When the priest pronounces the tremendous words of consecration, he reaches up into the heavens, brings Christ down from His throne, and places Him upon our altar to be offered up again as the Victim for the sins of man. It is a power greater than that of monarchs and emperors: it is greater than that of saints and angels, greater than that of Seraphim and Cherubim. Indeed it is greater even than the power of the Virgin Mary. While the Blessed Virgin was the human agency by which Christ became incarnate a single time, the priest brings Christ down from heaven, and renders Him present on our altar as the eternal Victim for the sins of man—not once but a thousand times! The priest speaks and lo! Christ, the eternal and omnipotent God, bows His head in humble obedience to the priest’s command. 

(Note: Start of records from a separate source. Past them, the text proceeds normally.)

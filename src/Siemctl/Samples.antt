-- ===== src/Siemctl/Samples.antt =====
-- Concrete hour buckets: the last hour of February in a leap year.
use headless_siem.Prelude.{◌++◌, ◌∷◌}
use headless_siem.Prelude.{
  Option, none, if◌then◌else◌, ltb, ◌/◌, ◌^◌, decimal, [], is_whitespace, trim, trim_start, reverse,
}
use headless_siem.Prelude.Results.{err}
use headless_siem.Siemctl.Window.{Spans, panics, or_panic, parse_duration}
use headless_siem.Bytes.{byte_length, split_at}
use headless_siem.Siemctl.Window.LastChar.{by_last_char, parse_duration-by_last_char}
use headless_siem.Siemctl.Window.Durations.{TimeUnit, letter, span, parse_duration-decimal}
use headless_siem.Siemctl.RawFile.RoundTrip.{parse_raw_file_time-bound}
use headless_siem.Siemctl.RawFile.{parse_raw_file_time, Civil, raw_file_bound}
use headless_siem.Siemctl.RawFile.Order.{
  FourDigits, magnitude, fields, first_lt, raw_file_bound-order,
}
use headless_siem.Prelude.{arith, pos, text_lt, some, ℕ, ◌+◌, ◌*◌, ◌≡◌, refl, codes, true}
use headless_siem.Calendar.{bucket_from_epoch}
use headless_siem.Siemctl.Time.{advance, advance_by, dirs_in_range_under, bucket_lt}
use headless_siem.Siemctl.Time.Advance.{
  hour_bucket, advance-bucket_from_epoch, advance_by-bucket_from_epoch, existing, hour_dirs,
  dirs_in_range_under_complete,
}

-- 2024-02-29 23:30:00 UTC
abbrev leap_night : ℕ
leap_night = 1709249400

leap_night_bucket :
    hour_bucket (bucket_from_epoch leap_night)
    ≡ record { year = 2024; month = 2; day = 29; hour = 23 }
unfolding bucket_from_epoch
leap_night_bucket = refl

advance-bucket_from_epoch_example :
    advance (hour_bucket (bucket_from_epoch leap_night))
    ≡ hour_bucket (bucket_from_epoch (leap_night + 3600))
advance-bucket_from_epoch_example = advance-bucket_from_epoch leap_night

advance_by-bucket_from_epoch_example :
    advance_by (hour_bucket (bucket_from_epoch leap_night)) 30
    ≡ hour_bucket (bucket_from_epoch (leap_night + 3600 * 30))
advance_by-bucket_from_epoch_example = advance_by-bucket_from_epoch 30 leap_night

dirs_in_range_under_complete_example :
    dirs_in_range_under
      (λ d. true)
      (λ from to. 2)
      (codes "alerts")
      (hour_bucket (bucket_from_epoch leap_night))
      (hour_bucket (bucket_from_epoch (leap_night + 7200)))
    ≡ existing (λ d. true) (hour_dirs (codes "alerts") leap_night 3)
unfolding bucket_lt bucket_from_epoch
dirs_in_range_under_complete_example =
    dirs_in_range_under_complete (λ d. true) (λ from to. 2) (codes "alerts") leap_night
      (leap_night + 7200) refl refl

-- Instants as their fields, which is all that the bounds look at.
record Moment : Type 0 where
  y : ℕ
  mo : ℕ
  d : ℕ
  h : ℕ
  mi : ℕ
  s : ℕ

instance abbrev moment_civil : Civil Moment
moment_civil = record {
  year = λ t. pos t.y;
  month = λ t. t.mo;
  day = λ t. t.d;
  hour = λ t. t.h;
  minute = λ t. t.mi;
  second = λ t. t.s;
  with_ymd_and_hms =
      λ y mo d h mi s. some (record { y = magnitude y; mo = mo; d = d; h = h; mi = mi; s = s });
}

abbrev evening : Moment
evening = record { y = 2026; mo = 6; d = 9; h = 20; mi = 0; s = 0 }

abbrev late_evening : Moment
late_evening = record { y = 2026; mo = 6; d = 10; h = 9; mi = 30; s = 0 }

evening-FourDigits : FourDigits evening
evening-FourDigits = record {
  year_pos = refl;
  year_fits = omega arith;
  month_fits = omega arith;
  day_fits = omega arith;
  hour_fits = omega arith;
  minute_fits = omega arith;
  second_fits = omega arith;
}

late_evening-FourDigits : FourDigits late_evening
late_evening-FourDigits = record {
  year_pos = refl;
  year_fits = omega arith;
  month_fits = omega arith;
  day_fits = omega arith;
  hour_fits = omega arith;
  minute_fits = omega arith;
  second_fits = omega arith;
}

raw_file_bound-order_example :
    text_lt (raw_file_bound evening) (raw_file_bound late_evening)
    ≡ first_lt (fields evening) (fields late_evening)
raw_file_bound-order_example =
    raw_file_bound-order evening late_evening evening-FourDigits late_evening-FourDigits

parse_raw_file_time-bound_example :
    parse_raw_file_time (raw_file_bound evening ++ b'/' ∷ codes "sshd.jsonl") ≡ some evening
parse_raw_file_time-bound_example =
    parse_raw_file_time-bound evening (codes "sshd.jsonl") evening-FourDigits refl

-- Durations in seconds, up to the greatest that chrono holds.
abbrev limited : ℕ → Option ℕ
limited n = if ltb n (2 ^ 63 / 1000) then some n else none

abbrev in_seconds : Spans Moment ℕ
in_seconds = record {
  at_most = λ a b. true;
  between = λ a b. 0;
  earlier = λ t d. some t;
  seconds = λ n. limited n;
  minutes = λ n. limited (n * 60);
  hours = λ n. limited (n * 3600);
  days = λ n. limited (n * 86400);
}

parse_duration-decimal_example :
    parse_duration in_seconds (decimal 24 ++ letter TimeUnit.hour ∷ [])
    ≡ or_panic (span in_seconds TimeUnit.hour 24)
parse_duration-decimal_example =
    parse_duration-decimal in_seconds 24 TimeUnit.hour (omega arith) (omega arith)

-- `10µ`
parse_duration-by_last_char_example :
    parse_duration in_seconds (decimal 10 ++ 181 ∷ [])
    ≡ by_last_char in_seconds
        (trim (decimal 10 ++ 181 ∷ []))
        (reverse (trim (decimal 10 ++ 181 ∷ [])))
parse_duration-by_last_char_example =
    parse_duration-by_last_char in_seconds (decimal 10 ++ 181 ∷ [])

-- It is a panic.
ten_micro : parse_duration in_seconds (codes "10" ++ 181 ∷ []) ≡ err panics
unfolding parse_duration trim trim_start is_whitespace byte_length split_at
ten_micro = refl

The supposed ability to wield such supernatural power over almighty God is one of the priesthood’s most blasphemous acts. As O’Brien describes it, the priestly office is a position of immense, even ultimate power, as the priest yanks Christ out of His eternal kingdom and hurls Him once again onto the sacrificial altar.

The repeated sacrificial process is called transubstantiation, wherein the bread and wine transform into the literal body and blood of Christ. It may sound cannibalistic and creepy, but they argue that it’s what the Bible actually teaches:

So Jesus said to them, “Truly, truly, I say to you, unless you eat the flesh of the Son of Man and drink His blood, you have no life in yourselves. He who eats My flesh and drinks My blood has eternal life, and I will raise him up on the last day. For My flesh is true food, and My blood is true drink. He who eats My flesh and drinks My blood abides in Me, and I in him. (John 6:53­–56)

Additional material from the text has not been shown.